● What is required:
Filter the entries that follow, copying every line in which the word "refuses" appears.

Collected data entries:
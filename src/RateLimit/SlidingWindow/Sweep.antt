-- ===== src/RateLimit/SlidingWindow/Sweep.antt =====
-- A sweep is not to be seen.
use parapet.Prelude.{
  ℕ, ◌/◌, ◌≤◌, ◌≡◌, ◌⊎◌, refl, ap, sym, subst, ◌∙◌, List, [], ◌∷◌, Option, none, some, true, false,
  arith, Option-cases, Bool-cases, inl, inr,
}
use parapet.Prelude.Assoc
use parapet.RateLimit.SlidingWindow.{
  SlidingItem, SlidingWindow, size, roll, fresh, keys_of, stale, item_at, evict_keys, evict_stale,
}

module _ {K : Type 0} (dec : Discrete K) where
  -- What a sweep makes of an entry: it stays, or it was stale and is gone.
  abbrev Swept : ℕ → Option SlidingItem → Option SlidingItem → Type 0
  Swept current before after =
      (after ≡ before)
      ⊎ ((after ≡ none) × (t : SlidingItem) × (before ≡ some t) × (stale current t ≡ true))

  evict_keys-kept :
      (current : ℕ) (k : K) (ks : List K) (m : List (K × SlidingItem))
      → Assoc.get dec k m ≡ none
      → evict_keys dec current (k ∷ ks) m ≡ evict_keys dec current ks m
  unfolding evict_keys
  evict_keys-kept current k ks m e = ground arith

  evict_keys-young :
      (current : ℕ) (k : K) (ks : List K) (m : List (K × SlidingItem)) (t : SlidingItem)
      → Assoc.get dec k m ≡ some t
      → stale current t ≡ false
      → evict_keys dec current (k ∷ ks) m ≡ evict_keys dec current ks m
  unfolding evict_keys
  evict_keys-young current k ks m t e young = ground arith

  evict_keys-stale :
      (current : ℕ) (k : K) (ks : List K) (m : List (K × SlidingItem)) (t : SlidingItem)
      → Assoc.get dec k m ≡ some t
      → stale current t ≡ true
      → evict_keys dec current (k ∷ ks) m ≡ evict_keys dec current ks (Assoc.delete dec k m)
  unfolding evict_keys
  evict_keys-stale current k ks m t e old = ground arith

  Swept-delete :
      (current : ℕ) (k key : K) (m : List (K × SlidingItem)) (t : SlidingItem)
      (after : Option SlidingItem)
      → Assoc.get dec k m ≡ some t
      → stale current t ≡ true
      → Swept current (Assoc.get dec key (Assoc.delete dec k m)) after
      → Swept current (Assoc.get dec key m) after
  Swept-delete current k key m t after e old h = elim (dec k key) [
    | yes same ↦
        let gone : Assoc.get dec key (Assoc.delete dec k m) ≡ none =
          ground (arith, Assoc.get-delete dec k key m) in
        let none_left : after ≡ none = elim h [ inl is ↦ is ∙ gone | inr is ↦ is.0 ] in
        inr (none_left, t, ap (λ (x : K). Assoc.get dec x m) (sym same) ∙ e, old)
    | no other ↦
        let kept : Assoc.get dec key (Assoc.delete dec k m) ≡ Assoc.get dec key m =
          ground (arith, Assoc.get-delete dec k key m) in
        subst (λ (x : Option SlidingItem). Swept current x after) kept h
  ]

  evict_keys-Swept :
      (current : ℕ) (ks : List K) (m : List (K × SlidingItem)) (key : K)
      → Swept current (Assoc.get dec key m) (Assoc.get dec key (evict_keys dec current ks m))
  evict_keys-Swept current [] m key = unfold evict_keys in inl refl
  evict_keys-Swept current (k ∷ ks) m key =
      let P : List (K × SlidingItem) → Type 0 =
        λ x. Swept current (Assoc.get dec key m) (Assoc.get dec key x) in
      let kept = evict_keys-Swept current ks m key in
      elim (Option-cases (Assoc.get dec k m)) [
        | inl e ↦ subst P (sym (evict_keys-kept current k ks m e)) kept
        | inr (t, e) ↦ elim (Bool-cases (stale current t)) [
          | inr young ↦ subst P (sym (evict_keys-young current k ks m t e young)) kept
          | inl old ↦ subst P (sym (evict_keys-stale current k ks m t e old)) (
              Swept-delete current k key m t _ e old
                (evict_keys-Swept current ks (Assoc.delete dec k m) key))
        ]
      ]

  -- An item that a sweep may take rolls to one that was never used.
  roll-stale :
      (current later : ℕ) (t : SlidingItem)
      → current ≤ later
      → stale current t ≡ true
      → roll later t ≡ roll later (fresh later)
  unfolding roll
  roll-stale current later t le old = ground arith

  pub item_at-none :
      (b : SlidingWindow K) (w : ℕ) (key : K)
      → Assoc.get dec key b.storage ≡ none
      → item_at dec b w key ≡ roll w (fresh w)
  unfolding item_at
  item_at-none b w key e = ground arith

  pub item_at-some :
      (b : SlidingWindow K) (w : ℕ) (key : K) (t : SlidingItem)
      → Assoc.get dec key b.storage ≡ some t
      → item_at dec b w key ≡ roll w t
  unfolding item_at
  item_at-some b w key t e = ground arith

  pub item_at-eq :
      (b c : SlidingWindow K) (w : ℕ) (key : K)
      → Assoc.get dec key b.storage ≡ Assoc.get dec key c.storage
      → item_at dec b w key ≡ item_at dec c w key
  unfolding item_at
  item_at-eq b c w key e = ground arith

  -- Strategies that no call of window w or a later one can tell apart.
  pub record Alike (w : ℕ) (b c : SlidingWindow K) : Type 0 where
    pub sizes : size b ≡ size c
    pub maxima : b.max ≡ c.max
    pub items :
        (later : ℕ) (key : K) → w ≤ later → item_at dec b later key ≡ item_at dec c later key

  pub evict_stale-Alike :
      (b : SlidingWindow K) (now : ℕ) → Alike (now / size b) (evict_stale dec b now).0 b
  unfolding evict_stale
  evict_stale-Alike b now =
      let current = now / size b in
      let after = (evict_stale dec b now).0 in
      record {
        sizes = unfold size in refl;
        maxima = refl;
        items = λ later key le. elim (evict_keys-Swept current (keys_of b.storage) b.storage key) [
          | inl same ↦ item_at-eq after b later key same
          | inr (gone, t, was, old) ↦
              item_at-none after later key gone
              ∙ sym (roll-stale current later t le old)
              ∙ sym (item_at-some b later key t was)
        ];
      }
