-- ===== src/RateLimit/SlidingWindow/Hidden.antt =====
-- The answers of `Take` before and after a sweep.
use parapet.Prelude.{
  ℕ, ◌+◌, ◌/◌, ◌≤◌, ◌≡◌, ◌≢◌, refl, ap, sym, subst, ◌∙◌, List, [], ◌∷◌, some, Bool, All, arith,
  if◌then◌else◌, not,
}
use parapet.Prelude.Assoc
use parapet.RateLimit.SlidingWindow.{
  SlidingItem, SlidingWindow, size, roll, item_at, take_by, evict_stale,
}
use parapet.RateLimit.SlidingWindow.Sweep.{item_at-some, item_at-eq, Alike, evict_stale-Alike}

module _ {K : Type 0} (dec : Discrete K) (exceeds : ℕ → ℕ → ℕ → ℕ → ℕ → Bool) where
  -- What `Take` does with the item.
  abbrev pub refuses : SlidingWindow K → ℕ → SlidingItem → Bool
  refuses b now t = exceeds t.prev t.curr now (size b) b.max

  abbrev pub counted : SlidingWindow K → ℕ → SlidingItem → SlidingItem
  counted b now t = if refuses b now t then t else record t { curr = t.curr + 1 }

  pub take-storage :
      (b : SlidingWindow K) (now : ℕ) (key : K)
      → (take_by dec exceeds b now key).0.storage
        ≡ Assoc.put dec key (counted b now (item_at dec b (now / size b) key)) b.storage
  unfolding take_by
  take-storage b now key = ground arith

  pub take-settings :
      (b : SlidingWindow K) (now : ℕ) (key : K)
      → ((take_by dec exceeds b now key).0.max ≡ b.max)
        × ((take_by dec exceeds b now key).0.window_size ≡ b.window_size)
  unfolding take_by
  take-settings b now key = ground arith

  pub take-grants :
      (b : SlidingWindow K) (now : ℕ) (key : K)
      → (take_by dec exceeds b now key).1 ≡ not (refuses b now (item_at dec b (now / size b) key))
  unfolding take_by
  take-grants b now key = ground arith

  pub take-size :
      (b : SlidingWindow K) (now : ℕ) (key : K) → size (take_by dec exceeds b now key).0 ≡ size b
  unfolding size
  take-size b now key = ground (arith, take-settings b now key)

  pub take-here :
      (b : SlidingWindow K) (now : ℕ) (key : K)
      → Assoc.get dec key (take_by dec exceeds b now key).0.storage
        ≡ some (counted b now (item_at dec b (now / size b) key))
  take-here b now key =
      ap (Assoc.get dec key) (take-storage b now key)
      ∙ Assoc.get-put_self dec key (counted b now (item_at dec b (now / size b) key)) b.storage

  pub take-elsewhere :
      (b : SlidingWindow K) (now : ℕ) (key k : K)
      → key ≢ k
      → Assoc.get dec k (take_by dec exceeds b now key).0.storage ≡ Assoc.get dec k b.storage
  take-elsewhere b now key k other =
      ap (Assoc.get dec k) (take-storage b now key)
      ∙ Assoc.get-put_ne dec key k (counted b now (item_at dec b (now / size b) key)) b.storage
          other

  counted-eq :
      (b c : SlidingWindow K) (w now : ℕ) (t : SlidingItem)
      → Alike dec w b c
      → counted b now t ≡ counted c now t
  counted-eq b c w now t h = ground (arith, h.sizes, h.maxima)

  -- The item of a call, the same on both.
  called :
      (b c : SlidingWindow K) (w now : ℕ) (key : K)
      → Alike dec w b c
      → w ≤ now / size b
      → item_at dec b (now / size b) key ≡ item_at dec c (now / size c) key
  called b c w now key h le =
      h.items (now / size b) key le ∙ ap (λ (s : ℕ). item_at dec c (now / s) key) h.sizes

  take-Alike :
      (b c : SlidingWindow K) (w now : ℕ) (key : K)
      → Alike dec w b c
      → w ≤ now / size b
      → Alike dec w (take_by dec exceeds b now key).0 (take_by dec exceeds c now key).0
  take-Alike b c w now key h le = record {
    sizes = take-size b now key ∙ h.sizes ∙ sym (take-size c now key);
    maxima = (take-settings b now key).0 ∙ h.maxima ∙ sym (take-settings c now key).0;
    items = λ later k after. elim (dec key k) [
      | yes same ↦
          subst
            (λ (x : K).
              item_at dec (take_by dec exceeds b now key).0 later x
              ≡ item_at dec (take_by dec exceeds c now key).0 later x)
            same
            (item_at-some dec (take_by dec exceeds b now key).0 later key _ (take-here b now key)
              ∙ ap (roll later) (
                  counted-eq b c w now (item_at dec b (now / size b) key) h
                  ∙ ap (counted c now) (called b c w now key h le))
              ∙ sym (
                  item_at-some dec (take_by dec exceeds c now key).0 later key _
                    (take-here c now key)))
      | no other ↦
          item_at-eq dec (take_by dec exceeds b now key).0 b later k
            (take-elsewhere b now key k other)
          ∙ h.items later k after
          ∙ sym (
              item_at-eq dec (take_by dec exceeds c now key).0 c later k
                (take-elsewhere c now key k other))
    ];
  }

  take-grants_eq :
      (b c : SlidingWindow K) (w now : ℕ) (key : K)
      → Alike dec w b c
      → w ≤ now / size b
      → (take_by dec exceeds b now key).1 ≡ (take_by dec exceeds c now key).1
  take-grants_eq b c w now key h le = ground (
    arith,
    take-grants b now key,
    take-grants c now key,
    called b c w now key h le,
    h.sizes,
    h.maxima,
  )

  -- The answers to calls, one after the other.
  unfoldable pub answers : SlidingWindow K → List (ℕ × K) → List Bool
  answers b [] = []
  answers b ((now, key) ∷ calls) =
      (take_by dec exceeds b now key).1 ∷ answers (take_by dec exceeds b now key).0 calls

  answers-Alike :
      (b c : SlidingWindow K) (w : ℕ) (calls : List (ℕ × K))
      → Alike dec w b c
      → All (λ call. w ≤ call.0 / size b) calls
      → answers b calls ≡ answers c calls
  unfolding answers
  answers-Alike b c w [] h le = refl
  answers-Alike b c w ((now, key) ∷ calls) h le =
      let tail =
        answers-Alike (take_by dec exceeds b now key).0 (take_by dec exceeds c now key).0 w calls
          (take-Alike b c w now key h le.0)
          (subst (λ (s : ℕ). All (λ call. w ≤ call.0 / s) calls) (sym (take-size b now key))
            le.1) in
      ap (λ (g : Bool). g ∷ answers (take_by dec exceeds b now key).0 calls)
        (take-grants_eq b c w now key h le.0)
      ∙ ap (λ (gs : List Bool). (take_by dec exceeds c now key).1 ∷ gs) tail

  -- Whatever the comparison of the counts is: a sweep changes no answer, if the clock does not go back to
  -- a window before the sweep's.
  pub answers-evict_stale :
      (b : SlidingWindow K) (now : ℕ) (calls : List (ℕ × K))
      → All (λ call. now / size b ≤ call.0 / size b) calls
      → answers (evict_stale dec b now).0 calls ≡ answers b calls
  answers-evict_stale b now calls h =
      let alike = evict_stale-Alike dec b now in
      answers-Alike (evict_stale dec b now).0 b (now / size b) calls alike
        (subst (λ (s : ℕ). All (λ call. now / size b ≤ call.0 / s) calls) (sym alike.sizes) h)
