-- ===== src/RateLimit/SlidingWindow/Cap.antt =====
-- What a window grants.
use parapet.Prelude.{
  ℕ, suc, ◌+◌, ◌-◌, ◌/◌, ◌%◌, ◌<◌, ◌≤◌, ◌≡◌, ◌≢◌, ◌⊎◌, ◌^◌, ap, sym, subst, ◌∙◌, List, [], ◌∷◌,
  true, false, All, arith, Bool-cases, inl, inr, if◌then◌else◌, not, ite,
}
use parapet.GoFloat64.{Float64, IsRounded}
use parapet.RateLimit.SlidingWindow.{
  SlidingItem, SlidingWindow, size, roll, item_at, take, over, weighted_count,
}
use parapet.RateLimit.SlidingWindow.Sweep.{item_at-some, item_at-eq}
use parapet.RateLimit.SlidingWindow.Hidden.{
  refuses, counted, take-here, take-elsewhere, take-grants, take-settings, take-size,
}

module _ {K : Type 0} (dec : Discrete K) {F : Type 0} (fl : Float64 F) (rounds : IsRounded fl) where
  mod_le : (n m : ℕ) → 0 < m → n % m ≤ m
  mod_le n m pos = grind arith

  -- A key whose current window is full is refused.
  full :
      (prev curr now width max : ℕ)
      → 0 < width
      → max < 2 ^ 53
      → max ≤ curr
      → over fl prev curr now width max ≡ true
  unfolding over weighted_count
  full prev curr now width max pos small at_max =
      let elapsed = fl.div (fl.of_int (now % width)) (fl.of_int width) in
      let fraction = rounds.div_le_one (now % width) width (mod_le now width pos) pos in
      let faded =
        rounds.mul_nonneg (fl.sub (fl.of_int 1) elapsed) prev 1
          (rounds.sub_nonneg elapsed 1 fraction)
          (rounds.sub_le elapsed 1 (rounds.div_nonneg (now % width) width pos)) in
      let count = weighted_count fl prev curr now width in
      let blend : fl.le (fl.of_int curr) count ≡ true =
        rounds.add_nonneg (fl.mul (fl.of_int prev) (fl.sub (fl.of_int 1) elapsed)) curr faded in
      let enough : fl.le (fl.of_int max) count ≡ true =
        rounds.le_trans (fl.of_int max) (fl.of_int curr) count (rounds.of_int_le max curr at_max)
          blend in
      let beyond : fl.less (fl.of_int max) (fl.add (fl.of_int max) (fl.of_int 1)) ≡ true =
        subst (λ (x : F). fl.less (fl.of_int max) x ≡ true)
          (sym (rounds.add_exact max 1 (omega arith)))
          (rounds.of_int_less max (max + 1) (omega arith) (omega arith)) in
      rounds.less_le (fl.of_int max) (fl.add (fl.of_int max) (fl.of_int 1))
        (fl.add count (fl.of_int 1)) beyond (rounds.add_le (fl.of_int max) count 1 enough)

  size_pos : (b : SlidingWindow K) → 0 < size b
  unfolding size
  size_pos b = ground arith

  -- The calls of a key that are granted, among calls one after the other.
  unfoldable pub granted : K → SlidingWindow K → List (ℕ × K) → ℕ
  granted k b [] = 0
  granted k b ((now, key) ∷ calls) =
      let rest = granted k (take dec fl b now key).0 calls in
      if (take dec fl b now key).1 then ite (dec key k) (suc rest) rest else rest

  abbrev count_at : SlidingWindow K → ℕ → K → ℕ
  count_at b w k = (item_at dec b w k).curr

  roll-counted : (w : ℕ) (t : SlidingItem) → t.window ≡ w → (roll w t).curr ≡ t.curr
  unfolding roll
  roll-counted w t e = ground arith

  item_at-window : (b : SlidingWindow K) (w : ℕ) (k : K) → (item_at dec b w k).window ≡ w
  unfolding item_at roll
  item_at-window b w k = ground arith

  counted-window :
      (b : SlidingWindow K) (now : ℕ) (t : SlidingItem)
      → (counted dec (over fl) b now t).window ≡ t.window
  counted-window b now t = elim (Bool-cases (refuses dec (over fl) b now t)) [
    | inl no_room ↦ ground arith
    | inr room ↦ ground arith
  ]

  count-here :
      (b : SlidingWindow K) (now w : ℕ) (k : K)
      → now / size b ≡ w
      → count_at (take dec fl b now k).0 w k
        ≡ (counted dec (over fl) b now (item_at dec b w k)).curr
  count-here b now w k e =
      let x = counted dec (over fl) b now (item_at dec b (now / size b) k) in
      let window : x.window ≡ w =
        counted-window b now (item_at dec b (now / size b) k)
        ∙ item_at-window b (now / size b) k
        ∙ e in
      ap (λ (t : SlidingItem). t.curr)
        (item_at-some dec (take dec fl b now k).0 w k x (take-here dec (over fl) b now k))
      ∙ roll-counted w x window
      ∙ ap (λ (v : ℕ). (counted dec (over fl) b now (item_at dec b v k)).curr) e

  count-elsewhere :
      (b : SlidingWindow K) (now w : ℕ) (key k : K)
      → key ≢ k
      → count_at (take dec fl b now key).0 w k ≡ count_at b w k
  count-elsewhere b now w key k other =
      ap (λ (t : SlidingItem). t.curr)
        (item_at-eq dec (take dec fl b now key).0 b w k
          (take-elsewhere dec (over fl) b now key k other))

  -- A grant takes one of what is left.
  grant_left :
      (b : SlidingWindow K) (now w : ℕ) (k : K)
      → now / size b ≡ w
      → b.max < 2 ^ 53
      → (((take dec fl b now k).1 ≡ false)
          × (count_at (take dec fl b now k).0 w k ≡ count_at b w k))
        ⊎ (((take dec fl b now k).1 ≡ true)
            × (count_at (take dec fl b now k).0 w k ≡ count_at b w k + 1)
            × (count_at b w k < b.max))
  grant_left b now w k e small =
      let t = item_at dec b w k in
      let grants : (take dec fl b now k).1 ≡ not (refuses dec (over fl) b now t) =
        take-grants dec (over fl) b now k
        ∙ ap (λ (v : ℕ). not (refuses dec (over fl) b now (item_at dec b v k))) e in
      let here = count-here b now w k e in
      elim (Bool-cases (refuses dec (over fl) b now t)) [
        | inl no_room ↦ inl (ground (arith, grants), ground (arith, here))
        | inr room ↦ inr (
          ground (arith, grants),
          ground (arith, here),
          ground (arith, full t.prev t.curr now (size b) b.max (size_pos b) small),
        )
      ]

  -- With float64 arithmetic that rounds as IEEE 754 says, and for maxima below 2 ^ 53: in one window a
  -- key is granted no more calls than the window has left for it, whatever the previous window counted
  -- and whatever the other keys do.
  pub granted_le :
      (k : K) (w : ℕ) (b : SlidingWindow K) (calls : List (ℕ × K))
      → b.max < 2 ^ 53
      → All (λ call. call.0 / size b ≡ w) calls
      → granted k b calls ≤ b.max - (item_at dec b w k).curr
  unfolding granted
  granted_le k w b [] small h = omega arith
  granted_le k w b ((now, key) ∷ calls) small h =
      let u = (take dec fl b now key).0 in
      let same_max : u.max ≡ b.max = (take-settings dec (over fl) b now key).0 in
      let rest : granted k u calls ≤ b.max - count_at u w k =
        subst (λ (m : ℕ). granted k u calls ≤ m - count_at u w k) same_max
          (granted_le k w u calls (subst (λ (m : ℕ). m < 2 ^ 53) (sym same_max) small) (
            subst (λ (s : ℕ). All (λ call. call.0 / s ≡ w) calls)
              (sym (take-size dec (over fl) b now key)) h.1)) in
      elim (dec key k) [
        | yes same ↦
            let left =
              subst
                (λ (x : K).
                  (((take dec fl b now key).1 ≡ false) × (count_at u w x ≡ count_at b w x))
                  ⊎ (((take dec fl b now key).1 ≡ true)
                      × (count_at u w x ≡ count_at b w x + 1)
                      × (count_at b w x < b.max)))
                same (grant_left b now w key h.0 small) in
            ground (arith, left, rest)
        | no other ↦ ground (arith, count-elsewhere b now w key k other, rest)
      ]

● Exercise result:
  abbrev pub refuses : SlidingWindow K → ℕ → SlidingItem → Bool
  refuses b now t = exceeds t.prev t.curr now (size b) b.max
  counted b now t = if refuses b now t then t else record t { curr = t.curr + 1 }
      → (take_by dec exceeds b now key).1 ≡ not (refuses b now (item_at dec b (now / size b) key))
  refuses, counted, take-here, take-elsewhere, take-grants, take-settings, take-size,
  counted-window b now t = elim (Bool-cases (refuses dec (over fl) b now t)) [
      let grants : (take dec fl b now k).1 ≡ not (refuses dec (over fl) b now t) =
        ∙ ap (λ (v : ℕ). not (refuses dec (over fl) b now (item_at dec b v k))) e in
      elim (Bool-cases (refuses dec (over fl) b now t)) [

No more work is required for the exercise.